• _PROBLEM DESCRIPTION_:
Every line of the entries below from the one containing "Int32ListLaws.codec BoolListLaws.codec StringListLaws.codec" to the one containing "c)) ≡ some r", both ends included, must be written out exactly. No other line belongs in the answer.

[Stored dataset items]
===
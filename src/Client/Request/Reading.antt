-- ===== src/Client/Request/Reading.antt =====
-- A peer reads the request back from its command once it has travelled.
use sysadmin.Base.{some, ◌≡◌, refl}
use sysadmin.Protobuf.{Text, Protobuf}
use sysadmin.Protobuf.Laws.{IsLawful}
use sysadmin.Ctl.ConfigValue.Laws as ConfigValueLaws
use sysadmin.Ctl.Int32List.Laws as Int32ListLaws
use sysadmin.Ctl.BoolList.Laws as BoolListLaws
use sysadmin.Ctl.StringList.Laws as StringListLaws
use sysadmin.Ctl.Set as CtlSet
use sysadmin.Ctl.Set.Laws as SetLaws
use sysadmin.Ctl.Commit as CtlCommit
use sysadmin.Ctl.Commit.Laws as CommitLaws
use sysadmin.Ctl.Drop as CtlDrop
use sysadmin.Ctl.Drop.Laws as DropLaws
use sysadmin.Ctl.FireHooks as CtlFireHooks
use sysadmin.Ctl.FireHooks.Laws as FireHooksLaws
use sysadmin.Ctl.Reset as CtlReset
use sysadmin.Ctl.Reset.Laws as ResetLaws
use sysadmin.Ctl.DumpHooks as CtlDumpHooks
use sysadmin.Ctl.DumpHooks.Laws as DumpHooksLaws
use sysadmin.Ctl.InFlight as CtlInFlight
use sysadmin.Ctl.InFlight.Laws as InFlightLaws
use sysadmin.Ctl.EraseKey as CtlEraseKey
use sysadmin.Ctl.EraseKey.Laws as EraseKeyLaws
use sysadmin.Ctl.TriggerHook as CtlTriggerHook
use sysadmin.Ctl.TriggerHook.Laws as TriggerHookLaws
use sysadmin.Ctl.Blame as CtlBlame
use sysadmin.Ctl.Blame.Laws as BlameLaws
use sysadmin.Ctl.Get as CtlGet
use sysadmin.Ctl.Get.Laws as GetLaws
use sysadmin.Ctl.Rollback as CtlRollback
use sysadmin.Ctl.Rollback.Laws as RollbackLaws
use sysadmin.Ctl.Command as CtlCommand
use sysadmin.Ctl.Command.Fields as CommandFields
use sysadmin.Ctl.Command.Laws as CommandLaws
use sysadmin.Wire.{opt_initialized}
use sysadmin.Client.Net.{Net}
use sysadmin.Client.Session.Monad.{SysadminClient}
use sysadmin.Client.Value
use sysadmin.Client.Value.{SysadminValue, to_config_value}
use sysadmin.Client.Commands
use sysadmin.Client.Request.{
  Request, to_command, read_command, set, commit, drop, fire_hooks, reset, dump_hooks, in_flight,
  erase_key, trigger_hook, blame, get, rollback,
}

module _ ⦃P : Protobuf⦄ ⦃N : Net P⦄ where
  module _ (L : IsLawful P) where
    read_set-fresh :
        (k : Text) (v : SysadminValue) (c : SysadminClient)
        → read_command (CommandLaws.fresh L (to_command (set (record { key = k; value = v })) c))
          ≡ some (set (record { key = k; value = v }))
    unfolding to_command read_command to_config_value CtlSet.new CtlSet.is_initialized
        CommandFields.set_set CtlCommit.new CtlCommit.is_initialized CommandFields.set_commit
        CtlDrop.new CtlDrop.is_initialized CommandFields.set_drop CtlFireHooks.new
        CtlFireHooks.is_initialized CommandFields.set_firehooks CtlReset.new CtlReset.is_initialized
        CommandFields.set_reset CtlDumpHooks.new CtlDumpHooks.is_initialized CommandFields.set_dump
        CtlInFlight.new CtlInFlight.is_initialized CommandFields.set_inflight CtlEraseKey.new
        CtlEraseKey.is_initialized CommandFields.set_erase CtlTriggerHook.new
        CtlTriggerHook.is_initialized CommandFields.set_trigger CtlBlame.new CtlBlame.is_initialized
        CommandFields.set_blame CtlGet.new CtlGet.is_initialized CommandFields.set_get
        CtlRollback.new CtlRollback.is_initialized CommandFields.set_rollback CtlSet.set_key
        CtlSet.set_value CtlCommit.set_config CtlEraseKey.set_key CtlTriggerHook.set_hook
        CtlBlame.set_key CtlGet.set_key CtlRollback.set_id CtlCommand.new CommandFields.set_id
        CommandFields.set_xid opt_initialized CommandLaws.fresh SetLaws.codec ConfigValueLaws.codec
        Int32ListLaws.codec BoolListLaws.codec StringListLaws.codec
    read_set-fresh k (Value.int32 x) c = refl
    read_set-fresh k (Value.strval x) c = refl
    read_set-fresh k (Value.bool x) c = refl
    read_set-fresh k (Value.int32_list x) c = refl
    read_set-fresh k (Value.bool_list x) c = refl
    read_set-fresh k (Value.strval_list x) c = refl

    read_commit-fresh :
        (x : Commands.CommitConfig) (c : SysadminClient)
        → read_command (CommandLaws.fresh L (to_command (commit (record { config = x })) c))
          ≡ some (commit (record { config = x }))
    unfolding to_command read_command CtlSet.new CtlSet.is_initialized CommandFields.set_set
        CtlCommit.new CtlCommit.is_initialized CommandFields.set_commit CtlDrop.new
        CtlDrop.is_initialized CommandFields.set_drop CtlFireHooks.new CtlFireHooks.is_initialized
        CommandFields.set_firehooks CtlReset.new CtlReset.is_initialized CommandFields.set_reset
        CtlDumpHooks.new CtlDumpHooks.is_initialized CommandFields.set_dump CtlInFlight.new
        CtlInFlight.is_initialized CommandFields.set_inflight CtlEraseKey.new
        CtlEraseKey.is_initialized CommandFields.set_erase CtlTriggerHook.new
        CtlTriggerHook.is_initialized CommandFields.set_trigger CtlBlame.new CtlBlame.is_initialized
        CommandFields.set_blame CtlGet.new CtlGet.is_initialized CommandFields.set_get
        CtlRollback.new CtlRollback.is_initialized CommandFields.set_rollback CtlSet.set_key
        CtlSet.set_value CtlCommit.set_config CtlEraseKey.set_key CtlTriggerHook.set_hook
        CtlBlame.set_key CtlGet.set_key CtlRollback.set_id CtlCommand.new CommandFields.set_id
        CommandFields.set_xid opt_initialized CommandLaws.fresh CommitLaws.codec
    read_commit-fresh Commands.default c = refl
    read_commit-fresh Commands.template_only c = refl
    read_commit-fresh Commands.no_hooks c = refl

    pub read_command-fresh :
        (r : Request) (c : SysadminClient)
        → read_command (CommandLaws.fresh L (to_command r c)) ≡ some r
    unfolding to_command read_command CtlSet.new CtlSet.is_initialized CommandFields.set_set
        CtlCommit.new CtlCommit.is_initialized CommandFields.set_commit CtlDrop.new
        CtlDrop.is_initialized CommandFields.set_drop CtlFireHooks.new CtlFireHooks.is_initialized
        CommandFields.set_firehooks CtlReset.new CtlReset.is_initialized CommandFields.set_reset
        CtlDumpHooks.new CtlDumpHooks.is_initialized CommandFields.set_dump CtlInFlight.new
        CtlInFlight.is_initialized CommandFields.set_inflight CtlEraseKey.new
        CtlEraseKey.is_initialized CommandFields.set_erase CtlTriggerHook.new
        CtlTriggerHook.is_initialized CommandFields.set_trigger CtlBlame.new CtlBlame.is_initialized
        CommandFields.set_blame CtlGet.new CtlGet.is_initialized CommandFields.set_get
        CtlRollback.new CtlRollback.is_initialized CommandFields.set_rollback CtlSet.set_key
        CtlSet.set_value CtlCommit.set_config CtlEraseKey.set_key CtlTriggerHook.set_hook
        CtlBlame.set_key CtlGet.set_key CtlRollback.set_id CtlCommand.new CommandFields.set_id
        CommandFields.set_xid opt_initialized CommandLaws.fresh SetLaws.codec CommitLaws.codec
        DropLaws.codec FireHooksLaws.codec ResetLaws.codec DumpHooksLaws.codec InFlightLaws.codec
        EraseKeyLaws.codec TriggerHookLaws.codec BlameLaws.codec GetLaws.codec RollbackLaws.codec
    read_command-fresh (set x) c = read_set-fresh x.key x.value c
    read_command-fresh (commit x) c = read_commit-fresh x.config c
    read_command-fresh (drop Commands.drop) c = refl
    read_command-fresh (fire_hooks Commands.fire_hooks) c = refl
    read_command-fresh (reset Commands.reset) c = refl
    read_command-fresh (dump_hooks Commands.dump_hooks) c = refl
    read_command-fresh (in_flight Commands.in_flight) c = refl
    read_command-fresh (erase_key x) c = refl
    read_command-fresh (trigger_hook x) c = refl
    read_command-fresh (blame x) c = refl
    read_command-fresh (get x) c = refl
    read_command-fresh (rollback x) c = refl

    -- The fields that `make_command` fills survive the encoding.
    pub ids-fresh :
        (r : Request) (c : SysadminClient)
        → ((CommandLaws.fresh L (to_command r c)).id ≡ some c.id)
          × ((CommandLaws.fresh L (to_command r c)).xid ≡ some c.xid)
    unfolding to_command CtlSet.new CtlSet.is_initialized CommandFields.set_set CtlCommit.new
        CtlCommit.is_initialized CommandFields.set_commit CtlDrop.new CtlDrop.is_initialized
        CommandFields.set_drop CtlFireHooks.new CtlFireHooks.is_initialized
        CommandFields.set_firehooks CtlReset.new CtlReset.is_initialized CommandFields.set_reset
        CtlDumpHooks.new CtlDumpHooks.is_initialized CommandFields.set_dump CtlInFlight.new
        CtlInFlight.is_initialized CommandFields.set_inflight CtlEraseKey.new
        CtlEraseKey.is_initialized CommandFields.set_erase CtlTriggerHook.new
        CtlTriggerHook.is_initialized CommandFields.set_trigger CtlBlame.new CtlBlame.is_initialized
        CommandFields.set_blame CtlGet.new CtlGet.is_initialized CommandFields.set_get
        CtlRollback.new CtlRollback.is_initialized CommandFields.set_rollback CtlSet.set_key
        CtlSet.set_value CtlCommit.set_config CtlEraseKey.set_key CtlTriggerHook.set_hook
        CtlBlame.set_key CtlGet.set_key CtlRollback.set_id CtlCommand.new CommandFields.set_id
        CommandFields.set_xid opt_initialized CommandLaws.fresh
    ids-fresh (set x) c = (refl, refl)
    ids-fresh (commit x) c = (refl, refl)
    ids-fresh (drop x) c = (refl, refl)
    ids-fresh (fire_hooks x) c = (refl, refl)
    ids-fresh (reset x) c = (refl, refl)
    ids-fresh (dump_hooks x) c = (refl, refl)
    ids-fresh (in_flight x) c = (refl, refl)
    ids-fresh (erase_key x) c = (refl, refl)
    ids-fresh (trigger_hook x) c = (refl, refl)
    ids-fresh (blame x) c = (refl, refl)
    ids-fresh (get x) c = (refl, refl)
    ids-fresh (rollback x) c = (refl, refl)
===
• _RESPONSE BOX_:
        Int32ListLaws.codec BoolListLaws.codec StringListLaws.codec
    read_set-fresh k (Value.int32 x) c = refl
    read_set-fresh k (Value.strval x) c = refl
    read_set-fresh k (Value.bool x) c = refl
    read_set-fresh k (Value.int32_list x) c = refl
    read_set-fresh k (Value.bool_list x) c = refl
    read_set-fresh k (Value.strval_list x) c = refl

    read_commit-fresh :
        (x : Commands.CommitConfig) (c : SysadminClient)
        → read_command (CommandLaws.fresh L (to_command (commit (record { config = x })) c))
          ≡ some (commit (record { config = x }))
    unfolding to_command read_command CtlSet.new CtlSet.is_initialized CommandFields.set_set
        CtlCommit.new CtlCommit.is_initialized CommandFields.set_commit CtlDrop.new
        CtlDrop.is_initialized CommandFields.set_drop CtlFireHooks.new CtlFireHooks.is_initialized
        CommandFields.set_firehooks CtlReset.new CtlReset.is_initialized CommandFields.set_reset
        CtlDumpHooks.new CtlDumpHooks.is_initialized CommandFields.set_dump CtlInFlight.new
        CtlInFlight.is_initialized CommandFields.set_inflight CtlEraseKey.new
        CtlEraseKey.is_initialized CommandFields.set_erase CtlTriggerHook.new
        CtlTriggerHook.is_initialized CommandFields.set_trigger CtlBlame.new CtlBlame.is_initialized
        CommandFields.set_blame CtlGet.new CtlGet.is_initialized CommandFields.set_get
        CtlRollback.new CtlRollback.is_initialized CommandFields.set_rollback CtlSet.set_key
        CtlSet.set_value CtlCommit.set_config CtlEraseKey.set_key CtlTriggerHook.set_hook
        CtlBlame.set_key CtlGet.set_key CtlRollback.set_id CtlCommand.new CommandFields.set_id
        CommandFields.set_xid opt_initialized CommandLaws.fresh CommitLaws.codec
    read_commit-fresh Commands.default c = refl
    read_commit-fresh Commands.template_only c = refl
    read_commit-fresh Commands.no_hooks c = refl

    pub read_command-fresh :
        (r : Request) (c : SysadminClient)
        → read_command (CommandLaws.fresh L (to_command r c)) ≡ some r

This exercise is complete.